What to do. Run through the records and, wherever a line holds the word "else", return that line.
***** The data
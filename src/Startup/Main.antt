-- ===== src/Startup/Main.antt =====
-- `main`: the order in which it makes the parts and starts the servers.
use cria.Prelude.{String, Bool, true, false, Option, none, some, List, [], ◌∷◌, ◌≡◌, refl, arith}
use cria.Table.{DashMap}
use cria.Config.{Config, from_env}
use cria.State
use cria.Streaming
use cria.Streaming.{Mpsc}
use cria.Gateway.{Gateway}
use cria.Config.Parse.{Result, ok, err}
use cria.Telemetry.Registration
use cria.Telemetry.Registration.{Prometheus}
use cria.Kafka.Producer.{KafkaProducer}
use cria.Tls.{ServerTlsConfig, load_server_tls}
use cria.Startup.Clients.{Outside, TokenEventConsumer, await_topics, new_producer, new_consumer}
use cria.Startup.Boot.{◌>>=◌, ◌>>◌, attempt, starts}

pub data Method : Type 0 where
  get post : Method

-- The handlers of control-plane/src/bff.rs and control-plane/src/telemetry.rs.
pub data Handler : Type 0 where
  models infer status cancel metrics_handler healthz : Handler

pub record Route : Type 0 where
  pub method : Method
  pub path : String
  pub handler : Handler

abbrev route : String → Method → Handler → Route
route path method handler = record { method = method; path = path; handler = handler }

-- The table of `spawn_bff_server`.
abbrev pub bff_routes : List Route
bff_routes =
    route "/api/models" get models
    ∷ route "/api/infer" post infer
    ∷ route "/api/infer/:request_id/status" get status
    ∷ route "/api/infer/:request_id/cancel" post cancel
    ∷ []

-- The table of `spawn_metrics_server`.
abbrev pub metrics_routes : List Route
metrics_routes = route "/metrics" get metrics_handler ∷ route "/healthz" get healthz ∷ []

abbrev pub accepted_tls : Outside → Option ServerTlsConfig → Result Unit
accepted_tls o none = ok tt
accepted_tls o (some t) = o.tls_config t

abbrev made : Bool → Result Unit
made true = ok tt
made false = err "Duplicate metrics collector registration attempted"

module _ ⦃d : DashMap⦄ ⦃ch : Mpsc⦄ where
  -- `GatewayService` and `BffState`: the configuration, the producer, and the table, the streams and
  -- the metrics, which they share with the router.
  pub record GatewayService : Type 0 where
    pub config : Config
    pub producer : KafkaProducer
    pub gateway : Gateway

  -- What runs: the router, an HTTP server, the gRPC server.
  pub data Service : Type 0 where
    router : TokenEventConsumer → Gateway → Service
    metrics_server : String → List Route → Service
    bff_server : String → List Route → GatewayService → Service
    grpc_server : String → Option ServerTlsConfig → GatewayService → Service

  -- `spawn_metrics_server`.
  abbrev pub spawn_metrics_server : Outside → String → List Service × Result Unit
  spawn_metrics_server o addr = do
    attempt (o.bind addr)
    starts (metrics_server addr metrics_routes)

  -- `spawn_bff_server`.
  abbrev pub spawn_bff_server : Outside → GatewayService → List Service × Result Unit
  spawn_bff_server o g = do
    attempt (o.bind g.config.bff_addr)
    starts (bff_server g.config.bff_addr bff_routes g)

  -- From the gRPC server's builder on.
  unfoldable pub serve_grpc : Outside → GatewayService → List Service × Result Unit
  serve_grpc o g = do
    tls ← attempt (load_server_tls o.read g.config)
    attempt (accepted_tls o tls)
    starts (grpc_server g.config.grpc_addr tls g)
    attempt (o.serve g.config.grpc_addr)

  -- From the spawning of the router on.
  unfoldable pub serve_all :
      Outside → GatewayService → TokenEventConsumer → List Service × Result Unit
  serve_all o g consumer = do
    starts (router consumer g.gateway)
    spawn_metrics_server o g.config.metrics_addr
    spawn_bff_server o g
    serve_grpc o g

  -- `RequestState::new()`, `StreamRegistry::new()` and the new metrics.
  unfoldable pub new_gateway : ch.Net → Gateway
  new_gateway net = record {
    state = State.new;
    streams = Streaming.new net;
    metrics = [];
    sent = [];
  }

module _ ⦃m : Prometheus⦄ where
  -- `Metrics::new()?`.
  abbrev pub new_metrics : m.Registry → Result Unit
  new_metrics r = made (Registration.new r).1

  made-ok : (b : Bool) → made b ≡ ok tt → b ≡ true
  made-ok true h = refl
  made-ok false h = absurd (ground (arith, h))

  pub new_metrics-ok : (r : m.Registry) → new_metrics r ≡ ok tt → (Registration.new r).1 ≡ true
  new_metrics-ok r h = made-ok (Registration.new r).1 h

module _ ⦃d : DashMap⦄ ⦃ch : Mpsc⦄ ⦃m : Prometheus⦄ where
  unfoldable pub main : Outside → m.Registry → ch.Net → List Service × Result Unit
  main o r net = do
    config ← attempt (from_env o.env o.is_addr o.uuid)
    attempt (await_topics o config)
    attempt (new_metrics r)
    producer ← attempt (new_producer o config)
    consumer ← attempt (new_consumer o config)
    serve_all o (record { config = config; producer = producer; gateway = new_gateway net })
        consumer
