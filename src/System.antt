-- ===== src/System.antt =====
-- The tasks that control-plane/src/main.rs starts over one gateway, and the orders in which their
-- steps can come. A handler's first half and what it hands to the producer are one step, what follows
-- the producer's answer another; the router's steps are the two halves of `route_one`; each send of
-- a replay's task is a step. An action names the task that goes on; one that is not waiting does
-- nothing.
pub mod Cases
pub mod Moves
pub mod Isolation
pub mod Keeping
pub mod Handlers
pub mod Steps
pub mod Table
pub mod Refines
pub mod Answers
pub mod Runs
pub mod Pending
pub mod Touches
pub mod Serving
pub mod Waiting
pub mod Service
pub mod Served
pub mod Intrusion
pub mod Published
pub mod Reports
pub mod Records
pub mod Recorded
use mathlib.Core.Option
use cria.Prelude.{
  ℕ, zero, suc, String, Bool, true, false, Option, none, some, List, [], ◌∷◌, if◌then◌else◌,
}
use cria.Table.{DashMap}
use cria.Config.{Config}
use cria.Pb.{InferenceRequest, CancelRequest, TokenEvent, event_type_of}
use cria.State
use cria.Streaming
use cria.Streaming.{Mpsc, event}
use cria.Kafka.Messages.{Kafka, InferenceJob, TokenEventEnvelope, into_proto}
use cria.Kafka.Producer.{KafkaProducer, ProduceResult}
use cria.Kafka.Router.{is_terminal_event, note_event, deliver_event}
use cria.Gateway.{Gateway}
use cria.Api.Begin.{Ambient, Begun, rejected, replaying, enqueuing, submit_begin}
use cria.Api.Finish.{submit_end, produce}
use cria.Api.Control
use cria.Bff.Infer
use cria.Bff.Infer.{InferRequest, InferBegun, infer_begin, infer_end}
use cria.Bff.Views

-- A submission that waits for the producer, and what that is going to answer.
pub record Submission : Type 0 where
  pub job : InferenceJob
  pub receiver : ℕ
  pub ambient : Ambient
  pub result : ProduceResult

-- A replay's task: the events that are left to send, and whether the last one sent was terminal.
pub record Replay : Type 0 where
  pub request_id : String
  pub left : List TokenEvent
  pub terminal : Bool

-- An element at a place, and the others.
pub take_at : {A : Type 0} → ℕ → List A → Option (A × List A)
take_at i [] = none
take_at zero (x ∷ xs) = some (x, xs)
take_at (suc i) (x ∷ xs) = elim (take_at i xs) [ none ↦ none | some (y, ys) ↦ some (y, x ∷ ys) ]

pub data Action : Type 0 where
  submit_starts : InferenceRequest → Ambient → Action
  submit_ends : ℕ → Action
  infer_starts : InferRequest → Ambient → Action
  infer_ends : ℕ → Action
  cancel_called : CancelRequest → Ambient → Action
  cancel_clicked : String → Ambient → Action
  event_comes : TokenEventEnvelope → ℕ → Action
  event_goes : Action
  replay_goes : ℕ → Action

module _ ⦃d : DashMap⦄ ⦃ch : Mpsc⦄ where
  pub record System : Type 0 where
    pub gateway : Gateway
    pub submissions : List Submission
    pub inferences : List (ℕ × ProduceResult)
    pub replays : List Replay
    -- The event that the router waits to hand over.
    pub delivering : Option TokenEvent

  -- What `main` starts with.
  unfoldable pub started : ch.Net → System
  started net = record {
    gateway = record { state = State.new; streams = Streaming.new net; metrics = []; sent = [] };
    submissions = [];
    inferences = [];
    replays = [];
    delivering = none;
  }

  pub submit_goes_on : System → Submission → List Submission → System
  submit_goes_on s w rest = record s {
    gateway = (submit_end s.gateway w.job w.receiver w.ambient w.result).0;
    submissions = rest;
  }

  pub infer_goes_on : System → ℕ × ProduceResult → List (ℕ × ProduceResult) → System
  infer_goes_on s (receiver, result) rest = record s {
    gateway = (infer_end s.gateway receiver result).0;
    inferences = rest;
  }

  -- One round of the replay's loop, or what follows the loop.
  pub replay_goes_on : System → String → List TokenEvent → Bool → List Replay → System
  replay_goes_on s id [] terminal rest = record s {
    gateway = record s.gateway {
      streams = if terminal then Streaming.unregister s.gateway.streams id else s.gateway.streams;
    };
    replays = rest;
  }
  replay_goes_on s id (e ∷ es) terminal rest = record s {
    gateway = record s.gateway { streams = (Streaming.send s.gateway.streams id (event e)).0 };
    replays =
        record {
          request_id = id;
          left = es;
          terminal = is_terminal_event (event_type_of e.event_type);
        }
        ∷ rest;
  }

  event_noted : System → TokenEventEnvelope → ℕ → System
  event_noted s e now = elim s.delivering [
    | some p ↦ s
    | none ↦ record s {
      gateway = note_event (into_proto e) now s.gateway;
      delivering = some (into_proto e);
    }
  ]

  event_handed : System → System
  event_handed s = elim s.delivering [
    | none ↦ s
    | some p ↦ record s { gateway = deliver_event p s.gateway; delivering = none }
  ]

module _ ⦃d : DashMap⦄ ⦃ch : Mpsc⦄ ⦃k : Kafka⦄ where
  pub submit_waits : KafkaProducer → Ambient → System → Gateway → Begun → System
  submit_waits p amb s g (rejected status) = record s { gateway = g }
  submit_waits p amb s g (replaying receiver id es) = record s {
    gateway = g;
    replays = record { request_id = id; left = es; terminal = false } ∷ s.replays;
  }
  submit_waits p amb s g (enqueuing job receiver) = record s {
    gateway = (produce p g job).0;
    submissions =
        record { job = job; receiver = receiver; ambient = amb; result = (produce p g job).1 }
        ∷ s.submissions;
  }

  pub infer_waits : KafkaProducer → System → Gateway → InferBegun → System
  infer_waits p s g (Infer.rejected e) = record s { gateway = g }
  infer_waits p s g (Infer.enqueuing job receiver) = record s {
    gateway = (produce p g job).0;
    inferences = (receiver, (produce p g job).1) ∷ s.inferences;
  }

  unfoldable pub step : Config → KafkaProducer → System → Action → System
  unfolding take_at submit_goes_on infer_goes_on replay_goes_on event_noted event_handed
      submit_waits infer_waits
  step c p s (submit_starts request amb) =
      let (g, begun) = submit_begin c s.gateway request amb in submit_waits p amb s g begun
  step c p s (submit_ends i) = elim (take_at i s.submissions) [
    | none ↦ s
    | some (w, rest) ↦ submit_goes_on s w rest
  ]
  step c p s (infer_starts request amb) =
      let (g, begun) = infer_begin c s.gateway request amb in infer_waits p s g begun
  step c p s (infer_ends i) = elim (take_at i s.inferences) [
    | none ↦ s
    | some (w, rest) ↦ infer_goes_on s w rest
  ]
  step c p s (cancel_called request amb) = record s {
    gateway = (Control.cancel p s.gateway request amb).0;
  }
  step c p s (cancel_clicked id amb) = record s { gateway = (Views.cancel p s.gateway id amb).0 }
  step c p s (event_comes e now) = event_noted s e now
  step c p s event_goes = event_handed s
  step c p s (replay_goes i) = elim (take_at i s.replays) [
    | none ↦ s
    | some (r, rest) ↦ replay_goes_on s r.request_id r.left r.terminal rest
  ]

  -- The actions in the order in which they come.
  unfoldable pub run : Config → KafkaProducer → System → List Action → System
  run c p s [] = s
  run c p s (a ∷ actions) = run c p (step c p s a) actions
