-- ===== src/Startup/Gates.antt =====
-- What stands before what in `main`.
use cria.Prelude.{
  ℕ, zero, suc, String, ◌≡◌, refl, sym, ◌∙◌, true, ltb, Option, List, [], ◌∷◌, arith, ◌⊎◌, inl, inr,
  Bool-cases,
}
use cria.Table.{DashMap}
use cria.Config.{Config, from_env}
use cria.Streaming.{Mpsc}
use cria.Gateway.{Gateway}
use cria.System.{started}
use cria.Config.Parse.{Result, ok, err, >>=-eq-ok}
use cria.Telemetry.Registration
use cria.Telemetry.Registration.{Prometheus}
use cria.Kafka.Topics.{
  Waited, ready, timed_out, out_of_fuel, wait_from, wait_for_topics, available, used_topics,
  awaited_topics, available-awaited,
}
use cria.Kafka.Producer.{KafkaProducer}
use cria.Tls.{ServerTlsConfig, load_server_tls}
use cria.Startup.Clients.{
  Outside, TokenEventConsumer, context, waited, topic_wait_settings, await_topics, new_producer,
  new_consumer,
}
use cria.Startup.Boot.{◌>>=◌, attempt}
use cria.Startup.Main.{
  Service, router, metrics_server, bff_server, grpc_server, GatewayService, bff_routes,
  metrics_routes, accepted_tls, new_metrics, new_metrics-ok, serve_grpc, serve_all, new_gateway,
  main,
}

abbrev Fails : {A : Type 0} → Result A → Type 0
Fails (ok a) = ⊥
Fails (err message) = Unit

attempt-cases :
    {S A B : Type 0} (r : Result A) (next : A → List S × Result B)
    → ((message : String) × ((attempt r >>= next) ≡ ([], err message)))
      ⊎ ((a : A) × (r ≡ ok a) × ((attempt r >>= next) ≡ next a))
attempt-cases (err message) next = inl (message, refl)
attempt-cases (ok a) next = inr (a, refl, refl)

wait_from-ready :
    (topics : List String) (fetch : ℕ → Option (List String)) (elapsed : ℕ → ℕ) (fuel round : ℕ)
    → wait_from topics fetch elapsed fuel round ≡ ready
    → (n : ℕ) × (available topics (fetch n) ≡ true)
unfolding wait_from
wait_from-ready topics fetch elapsed zero round h = absurd (ground (arith, h))
wait_from-ready topics fetch elapsed (suc fuel) round h =
    elim (Bool-cases (available topics (fetch round))) [
      | inl there ↦ (round, there)
      | inr missing ↦ elim (Bool-cases (ltb 60000 (elapsed round))) [
        | inl late ↦ absurd (ground (arith, h, missing, late))
        | inr early ↦
            wait_from-ready topics fetch elapsed fuel (suc round)
              (ground (arith, h, missing, early))
      ]
    ]

waited-ready : (w : Waited) → waited w ≡ ok tt → w ≡ ready
waited-ready ready h = refl
waited-ready timed_out h = absurd (ground (arith, h))
waited-ready out_of_fuel h = absurd (ground (arith, h))

await_topics-available :
    (o : Outside) (c : Config)
    → await_topics o c ≡ ok tt
    → (n : ℕ) × (available (used_topics c) (o.fetch n) ≡ true)
unfolding await_topics wait_for_topics
await_topics-available o c h =
    let (made, _, rest) =
      >>=-eq-ok
        (context "failed to create Kafka metadata consumer" (o.create (topic_wait_settings c)))
        (λ made. waited (wait_for_topics c o.fetch o.elapsed)) h in
    let (n, there) =
      wait_from-ready (awaited_topics c) o.fetch o.elapsed 62 0
        (waited-ready (wait_for_topics c o.fetch o.elapsed) rest) in
    (n, sym (available-awaited c (o.fetch n)) ∙ there)

Result-cases :
    {A : Type 0} (r : Result A) → ((message : String) × (r ≡ err message)) ⊎ ((a : A) × (r ≡ ok a))
Result-cases (err message) = inl (message, refl)
Result-cases (ok a) = inr (a, refl)

module _ ⦃d : DashMap⦄ ⦃ch : Mpsc⦄ where
  -- How far the servers came: each failure leaves what was started before it, and the gRPC server is
  -- started with the TLS settings that were loaded and accepted.
  pub data HasServed (o : Outside) (g : GatewayService) (t : TokenEventConsumer)
      : List Service × Result Unit → Type 0 where
    no_metrics_server : (message : String) → HasServed o g t (router t g.gateway ∷ [], err message)
    no_bff_server :
        (message : String)
        → HasServed o g t (
          router t g.gateway ∷ metrics_server g.config.metrics_addr metrics_routes ∷ [],
          err message,
        )
    no_grpc_server :
        (message : String)
        → HasServed o g t (
          router t g.gateway
              ∷ metrics_server g.config.metrics_addr metrics_routes
              ∷ bff_server g.config.bff_addr bff_routes g
              ∷ [],
          err message,
        )
    all_served :
        (tls : Option ServerTlsConfig)
        → load_server_tls o.read g.config ≡ ok tls
        → accepted_tls o tls ≡ ok tt
        → HasServed o g t (
          router t g.gateway
              ∷ metrics_server g.config.metrics_addr metrics_routes
              ∷ bff_server g.config.bff_addr bff_routes g
              ∷ grpc_server g.config.grpc_addr tls g
              ∷ [],
          o.serve g.config.grpc_addr,
        )

  serve_all-HasServed :
      (o : Outside) (g : GatewayService) (t : TokenEventConsumer)
      → HasServed o g t (serve_all o g t)
  unfolding serve_all serve_grpc
  serve_all-HasServed o g t = elim (Result-cases (o.bind g.config.metrics_addr)) [
    | inl (message, fails) ↦ rw fails (no_metrics_server message)
    | inr (_, bound) ↦ elim (Result-cases (o.bind g.config.bff_addr)) [
      | inl (message, fails) ↦ rw (bound, fails) (no_bff_server message)
      | inr (_, bound_bff) ↦ elim (Result-cases (load_server_tls o.read g.config)) [
        | inl (message, fails) ↦ rw (bound, bound_bff, fails) (no_grpc_server message)
        | inr (tls, loaded) ↦ elim (Result-cases (accepted_tls o tls)) [
          | inl (message, fails) ↦ rw (bound, bound_bff, loaded, fails) (no_grpc_server message)
          | inr (_, accepted) ↦
              rw (bound, bound_bff, loaded, accepted) (all_served tls loaded accepted)
        ]
      ]
    ]
  ]

module _ ⦃d : DashMap⦄ ⦃ch : Mpsc⦄ ⦃m : Prometheus⦄ where
  -- What was settled before the first task was started, for a run that goes on as the outcome says.
  pub record IsReady (o : Outside) (r : m.Registry) (net : ch.Net)
      (outcome : List Service × Result Unit) : Type 0 where
    pub config : Config
    pub config_read : from_env o.env o.is_addr o.uuid ≡ ok config
    pub round : ℕ
    pub topics_there : available (used_topics config) (o.fetch round) ≡ true
    pub metered : (Registration.new r).1 ≡ true
    pub producer : KafkaProducer
    pub producer_made : new_producer o config ≡ ok producer
    pub consumer : TokenEventConsumer
    pub consumer_made : new_consumer o config ≡ ok consumer
    pub gateway : Gateway
    pub gateway_new : gateway ≡ (started net).gateway
    pub served :
        HasServed o
          (record { config = config; producer = producer; gateway = gateway })
          consumer
          outcome

  -- Either main fails and has started nothing; or, before it started anything, the configuration
  -- was read, a round came in which the broker named every topic that the configuration uses, the
  -- eight metrics were registered, and the producer and the consumer were made: then the router,
  -- the metrics server, the browser's server and the gRPC server are started in this order, all
  -- with that one configuration over one new gateway, up to the first failure, the last with the
  -- TLS settings that were loaded and accepted, and only in that case can main succeed.
  pub main-outcome :
      (o : Outside) (r : m.Registry) (net : ch.Net)
      → ((message : String) × (main o r net ≡ ([], err message))) ⊎ IsReady o r net (main o r net)
  unfolding main new_gateway started
  main-outcome o r net = elim (Result-cases (from_env o.env o.is_addr o.uuid)) [
    | inl (message, fails) ↦ inl (message, rw fails refl)
    | inr (c, config_read) ↦ elim (Result-cases (await_topics o c)) [
      | inl (message, fails) ↦ inl (message, rw (config_read, fails) refl)
      | inr (_, awaited) ↦ elim (Result-cases (new_metrics r)) [
        | inl (message, fails) ↦ inl (message, rw (config_read, awaited, fails) refl)
        | inr (_, metered) ↦ elim (Result-cases (new_producer o c)) [
          | inl (message, fails) ↦ inl (message, rw (config_read, awaited, metered, fails) refl)
          | inr (p, producer_made) ↦ elim (Result-cases (new_consumer o c)) [
            | inl (message, fails) ↦
                inl (message, rw (config_read, awaited, metered, producer_made, fails) refl)
            | inr (t, consumer_made) ↦ inr (record {
              config = c;
              config_read = config_read;
              round = (await_topics-available o c awaited).0;
              topics_there = (await_topics-available o c awaited).1;
              metered = new_metrics-ok r metered;
              producer = p;
              producer_made = producer_made;
              consumer = t;
              consumer_made = consumer_made;
              gateway = new_gateway net;
              gateway_new = refl;
              served =
                  rw (config_read, awaited, metered, producer_made, consumer_made)
                    (serve_all-HasServed o
                      (record { config = c; producer = p; gateway = new_gateway net }) t);
            })
          ]
        ]
      ]
    ]
  ]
**********
Response.
  ℕ, zero, suc, String, Bool, true, false, Option, none, some, List, [], ◌∷◌, if◌then◌else◌,
      streams = if terminal then Streaming.unregister s.gateway.streams id else s.gateway.streams;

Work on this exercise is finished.